Adam Young wrote:
 When setting up replication, it should not be necessary to cache any
 passwords, anywhere, until the replication agreemsnts are set up, and
 then, all caching should be using known secure mechanisms.
 The two main repositories we care about are the Directory Server
 instances managed by IPA and the Certificate Authority. Currently, these
 are not in the same Dir Srv isntance (although they could be) due to the
 fact that we expect to replicate them seperately. Specifically, we
 expect to have more IPA instances than CA instances, and we will not
 have a CA instance without a co-located IPA instance. 
Not really. I created two instances to provide logical separation and 
prevent us from having to deal with multiple naming contexts. There was 
some serious investigation over the summer to see if we could 
consolidate into a single instance. It was determined to be too much too 
late in the cycle.
 During normal operations, the IPA instance should not need to talk
to
 the directory server instance of the CA. All communication between IPA
 and the CA should happen via the HTTPS secured via Certificates issued
 by the CA. 
Right, this has never been in question AFAIK.

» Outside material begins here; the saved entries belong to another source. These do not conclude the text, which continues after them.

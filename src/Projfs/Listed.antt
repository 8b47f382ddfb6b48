-- ===== src/Projfs/Listed.antt =====
-- What `create_dir_map` of rstr_projfs/src/projfs.rs leaves in the map under each key.
use rstr.Prelude.{
  ◌≡◌, refl, sym, ap, ◌∙◌, inl, inr, Option, none, some, List, [], ◌∷◌, ◌++◌, if◌then◌else◌, arith,
  Option-cases, append-nil, append_assoc,
}
use rstr.Prelude.Text.{Text, text_eq, text_eq_iff, split, join}
use rstr.Meta.Types.{Meta}
use rstr.Client.Paths.{all_but_last}
use rstr.Projfs.DirMap.{
  DirNode, FileInfo, DirMap, get, insert, change, empty_node, push_dir, push_file, current_path,
  with_dir, add_dir, make_dirs, file_info, put_file, last_part, add_meta, add_all, create_dir_map,
}

-- Values of a `let` that both branches share.
abbrev mapped : (DirNode → DirNode) → Option DirNode → Option DirNode
mapped f none = none
mapped f (some node) = some (f node)

pub get-insert :
    (k path : Text) (node : DirNode) (map : DirMap)
    → get k (insert path node map) ≡ (if text_eq path k then some node else get k map)
unfolding get insert
get-insert k path node [] = refl
get-insert k path node ((key, old) ∷ map) =
    ground (
      arith,
      text_eq_iff key path,
      text_eq_iff key k,
      text_eq_iff path k,
      get-insert k path node map,
    )

pub get-change :
    (k path : Text) (f : DirNode → DirNode) (map : DirMap)
    → get k (change path f map) ≡ (if text_eq path k then mapped f (get k map) else get k map)
unfolding get change
get-change k path f [] = ground (arith, text_eq_iff path k)
get-change k path f ((key, node) ∷ map) =
    ground
      (arith, text_eq_iff key path, text_eq_iff key k, text_eq_iff path k, get-change k path f map)

abbrev files_of : Option DirNode → List FileInfo
files_of none = []
files_of (some node) = node.files

-- The files of the node under a key; none if it has no node.
abbrev pub files_at : Text → DirMap → List FileInfo
files_at k map = files_of (get k map)

with_dir-files_at :
    (k root dir_name : Text) (map : DirMap)
    → get (current_path root dir_name) map ≡ none
    → files_at k (with_dir root dir_name map) ≡ files_at k map
unfolding with_dir
with_dir-files_at k root dir_name map new = ground (
  arith,
  get-insert k (current_path root dir_name) (empty_node dir_name [])
      (change root (push_dir dir_name) map),
  get-change k root (push_dir dir_name) map,
  text_eq_iff (current_path root dir_name) k,
)

make_dirs-files_at :
    (k root : Text) (parts : List Text) (map grown : DirMap)
    → make_dirs root parts map ≡ some grown
    → files_at k grown ≡ files_at k map
unfolding make_dirs add_dir
make_dirs-files_at k root [] map grown h = ground arith
make_dirs-files_at k root (dir_name ∷ parts) map grown h =
    elim (Option-cases (get (current_path root dir_name) map)) [
      | inr (node, old) ↦ make_dirs-files_at k root parts map grown (ground (arith, old))
      | inl new ↦ elim (Option-cases (get root map)) [
        | inl missing ↦ absurd (ground (arith, new, missing))
        | inr (node, there) ↦
            make_dirs-files_at k (current_path root dir_name) parts (with_dir root dir_name map)
              grown (ground (arith, new, there))
            ∙ with_dir-files_at k root dir_name map new
      ]
    ]

-- The file, if its directory has this key.
abbrev pub if_in : Text → Text → FileInfo → List FileInfo
if_in k path file = if text_eq path k then file ∷ [] else []

put_file-files_at :
    (k path dir_name : Text) (file : FileInfo) (map : DirMap)
    → files_at k (put_file path dir_name file map) ≡ files_at k map ++ if_in k path file
unfolding put_file
put_file-files_at k path dir_name file map = elim (Option-cases (get path map)) [
  | inl new ↦ ground (
    arith,
    new,
    get-insert k path (empty_node dir_name (file ∷ [])) map,
    text_eq_iff path k,
    append-nil (files_at k map),
  )
  | inr (node, old) ↦ ground (
    arith,
    old,
    get-change k path (push_file file) map,
    text_eq_iff path k,
    append-nil (files_at k map),
  )
]

-- The directory of a file, as the map's key has it: the path without its last piece.
abbrev pub directory_key : Meta → Text
directory_key e = join (all_but_last (split e.path))

add_meta-files_at :
    (k : Text) (e : Meta) (map grown : DirMap)
    → add_meta e map ≡ some grown
    → files_at k grown ≡ files_at k map ++ if_in k (directory_key e) (file_info e)
unfolding add_meta
add_meta-files_at k e map grown h =
    elim (Option-cases (make_dirs [] (all_but_last (split e.path)) map)) [
      | inl lost ↦ absurd (ground (arith, lost))
      | inr (made, fine) ↦ elim (Option-cases (last_part (all_but_last (split e.path)))) [
        | inl top ↦ absurd (ground (arith, fine, top))
        | inr (dir_name, there) ↦
            let same : put_file (directory_key e) dir_name (file_info e) made ≡ grown =
              ground (arith, fine, there) in
            ap (files_at k) (sym same)
            ∙ put_file-files_at k (directory_key e) dir_name (file_info e) made
            ∙ ap (λ l. l ++ if_in k (directory_key e) (file_info e))
                (make_dirs-files_at k [] (all_but_last (split e.path)) map made fine)
      ]
    ]

-- The files that lie in the directory, in the order of the metadata.
abbrev pub files_in : Text → List Meta → List FileInfo
files_in k [] = []
files_in k (e ∷ entries) = if_in k (directory_key e) (file_info e) ++ files_in k entries

add_all-files_at :
    (k : Text) (entries : List Meta) (map grown : DirMap)
    → add_all entries map ≡ some grown
    → files_at k grown ≡ files_at k map ++ files_in k entries
unfolding add_all
add_all-files_at k [] map grown h = ground (arith, append-nil (files_at k map))
add_all-files_at k (e ∷ entries) map grown h = elim (Option-cases (add_meta e map)) [
  | inl lost ↦ absurd (ground (arith, lost))
  | inr (made, fine) ↦
      add_all-files_at k entries made grown (ground (arith, fine))
      ∙ ap (λ l. l ++ files_in k entries) (add_meta-files_at k e map made fine)
      ∙ append_assoc (files_at k map) (if_in k (directory_key e) (file_info e)) (files_in k entries)
]

root-files_at : (k : Text) → files_at k (([], empty_node [] []) ∷ []) ≡ []
unfolding get
root-files_at k = ground (arith, text_eq_iff [] k)

-- Where the map can be made, the node under a key has the files of the metadata whose directory is
-- that key, all of them and in their order, and no other.
pub create_dir_map-files_at :
    (k : Text) (entries : List Meta) (map : DirMap)
    → create_dir_map entries ≡ some map
    → files_at k map ≡ files_in k entries
unfolding create_dir_map
create_dir_map-files_at k entries map h =
    add_all-files_at k entries (([], empty_node [] []) ∷ []) map h
    ∙ ap (λ l. l ++ files_in k entries) (root-files_at k)
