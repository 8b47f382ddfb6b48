-- ===== src/Projfs/Unlinked.antt =====
-- The files of relative paths in `create_dir_map` (rstr_projfs/src/projfs.rs): they are not where the
-- directories of the map lead.
use rstr.Prelude.{◌≡◌, false, [], ◌∷◌, ◌==◌}
use rstr.Prelude.Text.{Text}
use rstr.Meta.Types.{Meta}
use rstr.Projfs.DirMap.{DirMap}

-- A path that does not begin with a slash.
abbrev pub IsRelative : Text → Type 0
IsRelative [] = Unit
IsRelative (c ∷ path) = (c == b'/') ≡ false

 Once the replication process starts, the file generated by
ipa-prepare
 replicate should not need an passwords. Instead, when the replicated
 server is installed, the user performing the install should get a ticket
 as an administrative user. All authentication for the replication should
 be based on that ticket.
 The very first step is to install an new Directory server for IPA. For
 this, the replication process can generate a single use password and use
 it as the Directory server password for the local instance. Next, the
 ticket for the adminiustrative user should be used to download a keytab
 for the Directory Server to use when communicating back to the original
 IPA directory server.With these keytab in place, the replicated IPA DS
 should be able to talk to the original IPA DS and establish the
 replication agreement. At this point, the single use password should be
 disabled. 
I think you mean the first step is to create a 389-ds instance for the 
CA, right?
Why not simply pre-create the keytab and ship it in the prepared file?
There is no need to disable the random DM password. Once the 
installation is complete it will be unknown so effectively disabled.
 Once the IPA Directory server has been replicated, we can either use
the
 original keytab or download a second keytab to establish a replication
 agreement between the replicated CA directory server and the original CA
 directory server. The process would look the same as setting up the
 keytab for the IPA directory server.
 Why don't we do this now? 
Because of permission issues writing the relevant entries to cn=config.